| What you need to do |
Keep only the lines of the data below that contain "output", and copy them.

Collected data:
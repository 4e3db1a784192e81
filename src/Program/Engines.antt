-- ===== src/Program/Engines.antt =====
-- cmd/api/main.go: the engines that `run` gives to the OCR stage, and where the text of a job comes from.
use invoice_ocr_poc.Base.{
  false, none, some, ◌≡◌, ◌⊎◌, inl, inr, refl, sym, ap, ◌∙◌, subst, Int64, ◌++◌, String, is_empty,
  List, Bool-cases, arith,
}
use invoice_ocr_poc.Errors.{Result-cases, ok, wrap}
use invoice_ocr_poc.Float.{Float}
use invoice_ocr_poc.Strings.{Text, codes}
use invoice_ocr_poc.Http.{Transport, Verbs, fetch}
use invoice_ocr_poc.Config.Fields.{Config}
use invoice_ocr_poc.Ocr.Usage
use invoice_ocr_poc.Ocr.Clean.{clean_text}
use invoice_ocr_poc.Ocr.Tesseract.{Binary, new_tesseract}
use invoice_ocr_poc.Ocr.Tesseract
use invoice_ocr_poc.Ocr.Ollama.{new_ollama, answer_text, GenerateResponse}
use invoice_ocr_poc.Ocr.Ollama
use invoice_ocr_poc.Store.Invoice.{Invoice}
use invoice_ocr_poc.Service.Apply.{apply_ocr_usage, apply_open_router_usage, apply_ollama_usage}
use invoice_ocr_poc.Service.Types.{Engine, Service, Job, World}
use invoice_ocr_poc.Service.Cascade.{Reading, Chosen, recognize_one, read_result, recognize_cascade}
use invoice_ocr_poc.Service.Cascade.Order.{recognize_cascade_answers}
use invoice_ocr_poc.Service.Stages.{Sights, cache_get, with_hit, after_ocr, stage_ocr}
use invoice_ocr_poc.Service.Stages.Failure.{fail_reports}

ok_injective : {A : Type 0} (a b : A) → ok a ≡ ok b → a ≡ b
ok_injective a b h = cc

module _ {F : Type 0} ⦃d : Float F⦄ (binary : Binary) (net : Transport) (verbs : Verbs)
    (inputs : Ollama.Inputs) (elapsed : Int64) (cfg : Config F) where
  unfoldable pub tess : Engine F
  tess =
      let t = new_tesseract cfg.tesseract_lang in
      record {
        name = "*ocr.Tesseract";
        available = Tesseract.available binary t;
        recognize = Tesseract.recognize binary t;
      }

  unfoldable pub ollama : Engine F
  ollama =
      let o = some (new_ollama cfg.ollama_url cfg.ollama_ocr_model) in
      record {
        name = "*ocr.Ollama";
        available = Ollama.available o;
        recognize = Ollama.recognize net verbs inputs elapsed o;
      }

  -- The text is what the binary printed, in the language that is set.
  abbrev pub IsPrinted : Text → Text → Type 0
  IsPrinted path text = binary.output cfg.tesseract_lang path ≡ ok text

  -- The text is the one, not empty, of a response to the image.
  abbrev pub IsAnswered : Text → Text → Type 0
  IsAnswered path text =
      (raw : Text) × (payload : Text) × (parsed : GenerateResponse) × (inputs.read_file path
        ≡ ok raw)
      × (inputs.marshal (new_ollama cfg.ollama_url cfg.ollama_ocr_model).model raw ≡ ok payload)
      × (fetch net verbs "ollama" inputs.decode
            ((new_ollama cfg.ollama_url cfg.ollama_ocr_model).base_url ++ codes "/api/generate")
            payload
          ≡ ok parsed)
      × (text ≡ answer_text parsed)
      × (is_empty text ≡ false)

  tess-IsPrinted :
      (path : Text) (r : Usage.Result F) → tess.recognize path ≡ ok r → IsPrinted path r.text
  unfolding tess Tesseract.recognize new_tesseract
  tess-IsPrinted path r h = elim (Result-cases (binary.output cfg.tesseract_lang path)) [
    | inl (out, q) ↦
        let same : out ≡ r.text = ap (λ x. x.text) (ok_injective _ _ (rw q at h)) in q ∙ ap ok same
    | inr (e, q) ↦ absurd (cc (rw q at h))
  ]

  read_response-ok :
      (parsed : GenerateResponse) (r : Usage.Result F)
      → Ollama.read_response net verbs inputs elapsed (ok parsed) ≡ ok r
      → (r.text ≡ answer_text parsed) × (is_empty r.text ≡ false)
  read_response-ok parsed r h = elim (Bool-cases (is_empty (answer_text parsed))) [
    | inl blank ↦ absurd (cc (rw blank at h))
    | inr full ↦
        let same : answer_text parsed ≡ r.text =
          ap (λ x. x.text) (ok_injective _ _ (rw full at h)) in
        (sym same, subst (λ t. is_empty t ≡ false) same full)
  ]

  ollama-IsAnswered :
      (path : Text) (r : Usage.Result F) → ollama.recognize path ≡ ok r → IsAnswered path r.text
  unfolding ollama Ollama.recognize
  ollama-IsAnswered path r h =
      let o = new_ollama cfg.ollama_url cfg.ollama_ocr_model in
      elim (Bool-cases (Ollama.available (some o))) [
        | inr down ↦ absurd (cc (rw down at h))
        | inl up ↦ elim (Result-cases (inputs.read_file path)) [
          | inr (e, bad) ↦ absurd (cc (rw (up, bad) at h))
          | inl (raw, q1) ↦ elim (Result-cases (inputs.marshal o.model raw)) [
            | inr (e, bad) ↦ absurd (cc (rw (up, q1, bad) at h))
            | inl (payload, q2) ↦
                elim (Result-cases (
                  fetch net verbs "ollama" inputs.decode (o.base_url ++ codes "/api/generate")
                    payload)) [
                      | inr (e, bad) ↦ absurd (cc (rw (up, q1, q2, bad) at h))
                      | inl (parsed, q3) ↦
                          let (same, full) = read_response-ok parsed r (rw (up, q1, q2, q3) at h) in
                          (raw, payload, parsed, q1, q2, q3, same, full)
                    ]
          ]
        ]
      ]

  module _ {T C : Type 0} (s : Service F T C) where
    recognize_one-ok :
        (img : Text) (e : Engine F) (asked : List String) (r : Reading F)
        → (recognize_one s img (some e) asked).1 ≡ ok r
        → (res : Usage.Result F) × (e.recognize img ≡ ok res) × (read_result s res ≡ r)
    unfolding recognize_one
    recognize_one-ok img e asked r h = elim (Bool-cases e.available) [
      | inr down ↦ absurd (cc (rw down at h))
      | inl up ↦ elim (Result-cases (e.recognize img)) [
        | inr (x, bad) ↦ absurd (cc (rw (up, bad) at h))
        | inl (res, q) ↦ (res, q, ok_injective _ _ (rw (up, q) at h))
      ]
    ]

    -- Where a text comes from: the binary, or the server of Ollama.
    abbrev pub IsRead : Text → Text → Type 0
    IsRead path text = IsPrinted path text ⊎ IsAnswered path text

    cascade-IsRead :
        (img : Text) (asked : List String) (c : Chosen F)
        → (recognize_cascade s img (some tess) (some ollama) asked).1 ≡ ok c
        → (text : Text) × IsRead img text × (c.reading.res.text ≡ clean_text text)
    unfolding read_result
    cascade-IsRead img asked c h =
        elim (recognize_cascade_answers s img (some tess) (some ollama) asked) [
          | inl (r, b, q, out) ↦
              let (res, answer, same) = recognize_one-ok img tess asked r q in
              let kept = ap (λ x. x.reading) (ok_injective _ _ (sym h ∙ out)) in
              (
                res.text,
                inl (tess-IsPrinted img res answer),
                ap (λ x. x.res.text) (kept ∙ sym same),
              )
          | inr (inl (r, q, out)) ↦
              let (res, answer, same) = recognize_one-ok img ollama asked r q in
              let kept = ap (λ x. x.reading) (ok_injective _ _ (sym h ∙ out)) in
              (
                res.text,
                inr (ollama-IsAnswered img res answer),
                ap (λ x. x.res.text) (kept ∙ sym same),
              )
          | inr (inr (e, f, q1, q2, out)) ↦ absurd (cc (h, out))
        ]

    usage_text :
        (u : Usage.Usage F) (inv : Invoice F) → (apply_ocr_usage u inv).ocr_text ≡ inv.ocr_text
    unfolding apply_ocr_usage apply_open_router_usage apply_ollama_usage
    usage_text u inv = ground arith

    after_ocr-text :
        (r : Reading F) (o : Sights) (w : World T C) (j : Job F)
        → (after_ocr s r o w j).2 ≡ none
        → ((after_ocr s r o w j).1.ocr_res.text ≡ r.res.text)
          × ((after_ocr s r o w j).1.inv.ocr_text ≡ r.res.text)
    unfolding after_ocr
    after_ocr-text r o w j h = elim (Result-cases (s.marshal r.parsed.items)) [
      | inr (e, bad) ↦
          let read = record j.inv { ocr_text = r.res.text; ocr_confidence = r.res.confidence } in
          let looked = cache_get s o.now r.res.text w.cached in
          let j' = with_hit s looked.1 (record j { inv = apply_ocr_usage r.res.usage read }) in
          let (x, reported) =
            fail_reports s (wrap "marshal items" e) o (record w { cached = looked.0 }) j' in
          absurd (cc (rw (after_ocr, bad) at h, reported))
      | inl (json, q) ↦ (rw (after_ocr, q) refl, rw (after_ocr, q) (usage_text r.res.usage _))
    ]

    -- After an OCR stage of the program without an error, the job and its invoice hold the cleaned text
    -- of what the Tesseract binary printed for the image in the language that is set, or of a response,
    -- not empty, that the Ollama server gave to the image's bytes under the model that is set.
    pub stage_ocr-IsRead :
        (o : Sights) (w : World T C) (j : Job F)
        → (stage_ocr s (some tess) (some ollama) o w j).2 ≡ none
        → (text : Text) × IsRead j.img_path text
          × ((stage_ocr s (some tess) (some ollama) o w j).1.ocr_res.text ≡ clean_text text)
          × ((stage_ocr s (some tess) (some ollama) o w j).1.inv.ocr_text ≡ clean_text text)
    unfolding stage_ocr
    stage_ocr-IsRead o w j h =
        let out = recognize_cascade s j.img_path (some tess) (some ollama) w.asked in
        let w' = record w { asked = out.0 } in
        elim (Result-cases out.1) [
          | inr (e, bad) ↦
              let (x, reported) = fail_reports s (wrap "ocr" e) o w' j in
              absurd (cc (rw (stage_ocr, bad) at h, reported))
          | inl (c, q) ↦
              let (text, from, same) = cascade-IsRead j.img_path w.asked c q in
              let (held, stored) = after_ocr-text c.reading o w' j (rw (stage_ocr, q) at h) in
              (text, from, rw (stage_ocr, q) (held ∙ same), rw (stage_ocr, q) (stored ∙ same))
        ]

| The completed task |
  IsPrinted path text = binary.output cfg.tesseract_lang path ≡ ok text
  tess-IsPrinted path r h = elim (Result-cases (binary.output cfg.tesseract_lang path)) [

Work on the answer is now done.